The Cheyenne is 54 feet, 8 inches (16.662 meters) long, and 13 feet, 8.5 inches (4.178 meters) high. The main rotor has a diameter of 51 feet, 3 inches (15.621 meters). Its stub wing had a span of The prototype empty weight is 12,215 pounds (5,540.6 kilograms), and maximum takeoff weight is 25,880 pounds (11,739 kilograms).

Donald R. Segner with prototype Lockheed YAH-56A-LO Cheyenne prototype 56-8831, missile and night vision test vehicle. (Lockheed)

The Cheyenne is powered by a single General Electric T64-GE-16A engine, rated at 3,485 shaft horsepower (2,599 kiloWatts).
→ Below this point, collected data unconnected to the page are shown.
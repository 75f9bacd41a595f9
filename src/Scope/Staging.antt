-- ===== src/Scope/Staging.antt =====
-- The apply overlay of the scope index: edits between `beginApply` and `abortApply`.
use react_native_dblayer.Base.{
  ◌≡◌, refl, ap, sym, ◌∙◌, Option, none, some, List, [], ◌∷◌, arith, Option-cases, inl, inr,
}
use react_native_dblayer.Base.Str.{Str}
use react_native_dblayer.Base.StrMap
use react_native_dblayer.Base.StrMap.{StrMap}
use react_native_dblayer.Scope.Entry.{ScopeEntry, ScopeIndexValue}
use react_native_dblayer.Scope.State.{State, commit, stage}
use react_native_dblayer.Scope.Methods.{
  begin_apply, abort_apply, write_scope, detach_ids, apply_delta, remove_scope,
}

-- The changes that a plan makes to the scope index.
pub data Edit : Type 0 where
  write : Str → ScopeIndexValue → Edit
  append : Str → List ScopeEntry → List Str → Edit
  detach : Str → List Str → Edit
  drop_scope : Str → Edit

unfoldable pub run_edit : Edit → State → Option State
run_edit (write key next) s = write_scope key next s
run_edit (append key entries ids) s = apply_delta key entries ids s
run_edit (detach key ids) s = detach_ids key ids s
run_edit (drop_scope key) s = remove_scope key s

unfoldable pub run_edits : List Edit → State → Option State
run_edits [] s = some s
run_edits (e ∷ es) s = elim (run_edit e s) [ none ↦ none | some s' ↦ run_edits es s' ]

-- An edit on an overlay returns a state that differs in the overlay alone.
abbrev Overlays : State → Option State → Type 0
Overlays s result =
    (s' : State) × (result ≡ some s')
    × (abort_apply s' ≡ abort_apply s)
    × ((staged : StrMap (Option ScopeIndexValue)) × (s'.staged_scopes ≡ some staged))

abbrev IsStaged : State → Type 0
IsStaged s = (staged : StrMap (Option ScopeIndexValue)) × (s.staged_scopes ≡ some staged)

commit-Overlays :
    (key : Str) (next : ScopeIndexValue) (fast : Option (List Str)) (s : State)
    → IsStaged s
    → Overlays s (commit key next fast s)
unfolding commit stage abort_apply
commit-Overlays key next fast s (staged, e) =
    rw (e, commit)
      (stage key (some next) staged s, refl, refl, (StrMap.set key (some next) staged, refl))

run_edit-Overlays : (e : Edit) (s : State) → IsStaged s → Overlays s (run_edit e s)
unfolding run_edit write_scope apply_delta detach_ids remove_scope stage abort_apply
run_edit-Overlays (write key next) s h = commit-Overlays key next none s h
run_edit-Overlays (append key entries ids) s h = commit-Overlays key _ _ s h
run_edit-Overlays (detach key ids) s h = commit-Overlays key _ none s h
run_edit-Overlays (drop_scope key) s (staged, e) =
    rw (e, remove_scope) (stage key none staged s, refl, refl, (StrMap.set key none staged, refl))

run_edits-Overlays : (es : List Edit) (s : State) → IsStaged s → Overlays s (run_edits es s)
unfolding run_edits
run_edits-Overlays [] s (staged, e) = (s, refl, refl, (staged, e))
run_edits-Overlays (edit ∷ es) s h =
    let (s1, e1, same1, h1) = run_edit-Overlays edit s h in
    let (s2, e2, same2, h2) = run_edits-Overlays es s1 h1 in
    (s2, rw (e1, run_edits) e2, same2 ∙ same1, h2)

begin_apply-IsStaged : (s s1 : State) → begin_apply s ≡ some s1 → IsStaged s1 × (abort_apply s1 ≡ s)
unfolding begin_apply abort_apply
begin_apply-IsStaged s s1 h = elim (Option-cases s.staged_scopes) [
  | inr (staged, e) ↦
      let gone : begin_apply s ≡ none = rw (e, begin_apply) refl in
      let clash : none ≡ some s1 = sym gone ∙ h in absurd (ground arith)
  | inl e ↦
      let is_some : begin_apply s ≡ some (record s { staged_scopes = some [] }) =
        rw (e, begin_apply) refl in
      let s1_is : record s { staged_scopes = some [] } ≡ s1 = ground (arith, sym is_some ∙ h) in
      (([], ap (λ x. x.staged_scopes) (sym s1_is)), ap abort_apply (sym s1_is) ∙ rw (sym e) refl)
]

-- After a `beginApply` that is allowed, every list of writes, deltas, detaches and removals
-- returns, and `abortApply` then gives exactly the state before the `beginApply`.
pub abort_apply-run_edits :
    (es : List Edit) (s s1 : State)
    → begin_apply s ≡ some s1
    → (s2 : State) × (run_edits es s1 ≡ some s2) × (abort_apply s2 ≡ s)
abort_apply-run_edits es s s1 h =
    let (staged, same) = begin_apply-IsStaged s s1 h in
    let (s2, e, back, more) = run_edits-Overlays es s1 staged in (s2, e, back ∙ same)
The T64 is an axial flow free-turbine turboshaft engine. It has a 14-stage compressor and 4-stage turbine (2 high-pressure and 2 low pressure). The turbine shaft is coaxial with the compressor shaft and delivers power forward. The engine is 6 feet, 7.0 inches (2.007 meters) long, 2 feet, 0.2 inches (0.615 meters) in diameter, and weighs 720 pounds (327 kilograms). This engine was also used in the Sikorsky CH-53A.

The Cheyenne had a cruise speed of 195 knots (224 miles per hour/361 kilometers per hour), and maximum speed of 212 knots (244 miles per hour/393 kilometers per hour). It could climb at 3,000 feet per minute (15.24 meters per second) and had a service ceiling of 21,000 feet (6,401 meters). The helicopter’s range was 1,063 nautical miles (1,223 statute miles/1,969 kilometers).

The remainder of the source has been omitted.